Search the data for the string "arith" and gather each line it is in.

#####

-- ===== src/Etl/Retry.antt =====
-- app/database/etl.py, `_retry_operation`: how often it calls, what it answers and how long it waits.
use inventory_logix_dashboar.Base.{
  ℕ, zero, suc, ◌+◌, ◌-◌, ◌<◌, ◌≡◌, refl, ap, inl, inr, String, Bool, true, false, not, ◌&&◌, ◌||◌,
  some, List, [], ◌∷◌, arith, str_eq, if◌then◌else◌, ◌==◌, Bool-cases,
}
use inventory_logix_dashboar.Base.Dict.{OrderedDict, lookup-assign}
use inventory_logix_dashboar.Base.Decimal.{str_of, int_unsigned, int_unsigned-str_of}
use inventory_logix_dashboar.JobQueue.{Outcome, returned, raised}
use inventory_logix_dashboar.Etl.{
  Retried, slept, delay, goes_on, retry_from, retry_operation, read_state, write_state, watermark,
}

abbrev pub is_transient {ℓ} : {A : Type ℓ} → Outcome A → Bool
is_transient (returned a) = false
is_transient (raised e) = e.is_connection_error

-- The waits before so many further calls.
unfoldable pub waits : (ℕ → ℕ) → ℕ → ℕ → List ℕ
waits wait attempt zero = []
waits wait attempt (suc n) = wait attempt ∷ waits wait (suc attempt) n

goes_on_iff {ℓ} :
    {A : Type ℓ} (max_retries attempt : ℕ) (o : Outcome A)
    → goes_on max_retries attempt o ≡ (is_transient o && not (attempt == max_retries - 1))
unfolding goes_on
goes_on_iff max_retries attempt (returned a) = refl
goes_on_iff max_retries attempt (raised e) = refl

module _ {ℓ κ} {A : Type ℓ} {W : Type κ} (func : W → Outcome A × W) where
  -- The world after so many calls.
  unfoldable pub calls : ℕ → W → W
  calls zero w = w
  calls (suc n) w = calls n (func w).1

  -- So many calls in a row raise connection errors.
  unfoldable pub all_transient : ℕ → W → Bool
  all_transient zero w = true
  all_transient (suc n) w = is_transient (func w).0 && all_transient n (func w).1

  -- The run that calls `n` times more after the first call, for what it leaves.
  unfoldable pub run_of : (ℕ → ℕ) → ℕ → ℕ → W → Retried A W
  run_of wait attempt n w = record {
    outcome = some (func (calls n w)).0;
    sleeps = waits wait attempt n;
    world = calls (suc n) w;
  }

  -- The last call is no connection error, or is the last that is allowed.
  abbrev pub settles : ℕ → ℕ → W → Bool
  settles allowed n w = not (is_transient (func (calls n w)).0) || (suc n == allowed)

  retry_from_lem :
      (wait : ℕ → ℕ) (max_retries rounds attempt : ℕ) (w : W)
      → attempt + suc rounds ≡ max_retries
      → (n : ℕ) × (n < suc rounds)
        × (all_transient n w ≡ true)
        × (settles (suc rounds) n w ≡ true)
        × (retry_from func wait max_retries (suc rounds) attempt w ≡ run_of wait attempt n w)
  unfolding retry_from calls all_transient run_of waits
  retry_from_lem wait max_retries zero attempt w e =
      let off : goes_on max_retries attempt (func w).0 ≡ false =
        ground (arith, goes_on_iff max_retries attempt (func w).0) in
      (0, omega arith, refl, ground arith, rw (off, retry_from))
  retry_from_lem wait max_retries (suc rounds) attempt w e =
      elim (Bool-cases (goes_on max_retries attempt (func w).0)) [
        | inl on ↦
            let (n, lt, before, end, same) =
              retry_from_lem wait max_retries rounds (suc attempt) (func w).1 (omega arith) in
            (
              suc n,
              omega arith,
              ground (arith, goes_on_iff max_retries attempt (func w).0),
              ground arith,
              rw (on, retry_from) (ap (slept (wait attempt)) same),
            )
        | inr off ↦ (
          0,
          omega arith,
          refl,
          ground (arith, goes_on_iff max_retries attempt (func w).0),
          rw (off, retry_from),
        )
      ]

-- With at least one retry allowed, `_retry_operation` ends after some number of calls within the
-- limit: all but the last raised connection errors, the last did not or is the last allowed, and the
-- answer, the world and the waits are those of exactly these calls.
pub retry_operation_lem {ℓ κ} :
    {A : Type ℓ} {W : Type κ} (func : W → Outcome A × W) (max_retries base_delay max_delay : ℕ)
    (w : W)
    → 0 < max_retries
    → (n : ℕ) × (n < max_retries)
      × (all_transient func n w ≡ true)
      × (settles func max_retries n w ≡ true)
      × (retry_operation func max_retries base_delay max_delay w
          ≡ run_of func (delay base_delay max_delay) 0 n w)
unfolding retry_operation
retry_operation_lem func zero base_delay max_delay w h = absurd (omega arith)
retry_operation_lem func (suc rounds) base_delay max_delay w h =
    retry_from_lem func (delay base_delay max_delay) (suc rounds) rounds 0 w (omega arith)

-- A number written to the state table under one key is read back under that key as the same number,
-- whatever stood there; under every other key the table reads as before.
pub read_state-write_state :
    (k j default : String) (n : ℕ) (rows : OrderedDict String)
    → int_unsigned (read_state j default (write_state k n rows))
      ≡ (if str_eq k j then some n else int_unsigned (read_state j default rows))
unfolding write_state read_state
read_state-write_state k j default n rows = elim (Bool-cases (str_eq k j)) [
  | inl same ↦ rw (lookup-assign k j (str_of n) rows, same, int_unsigned-str_of n)
  | inr other ↦ rw (lookup-assign k j (str_of n) rows, other)
]

pub watermark-write_state :
    (id : ℕ) (rows : OrderedDict String) → watermark (write_state "last_movement_id" id rows) ≡ id
unfolding watermark
watermark-write_state id rows =
    rw (read_state-write_state "last_movement_id" "last_movement_id" "0" id rows)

#####

### [WRITTEN SOLUTION]
  some, List, [], ◌∷◌, arith, str_eq, if◌then◌else◌, ◌==◌, Bool-cases,
        ground (arith, goes_on_iff max_retries attempt (func w).0) in
      (0, omega arith, refl, ground arith, rw (off, retry_from))
              retry_from_lem wait max_retries rounds (suc attempt) (func w).1 (omega arith) in
              omega arith,
              ground (arith, goes_on_iff max_retries attempt (func w).0),
              ground arith,
          omega arith,
          ground (arith, goes_on_iff max_retries attempt (func w).0),
retry_operation_lem func zero base_delay max_delay w h = absurd (omega arith)
    retry_from_lem func (delay base_delay max_delay) (suc rounds) rounds 0 w (omega arith)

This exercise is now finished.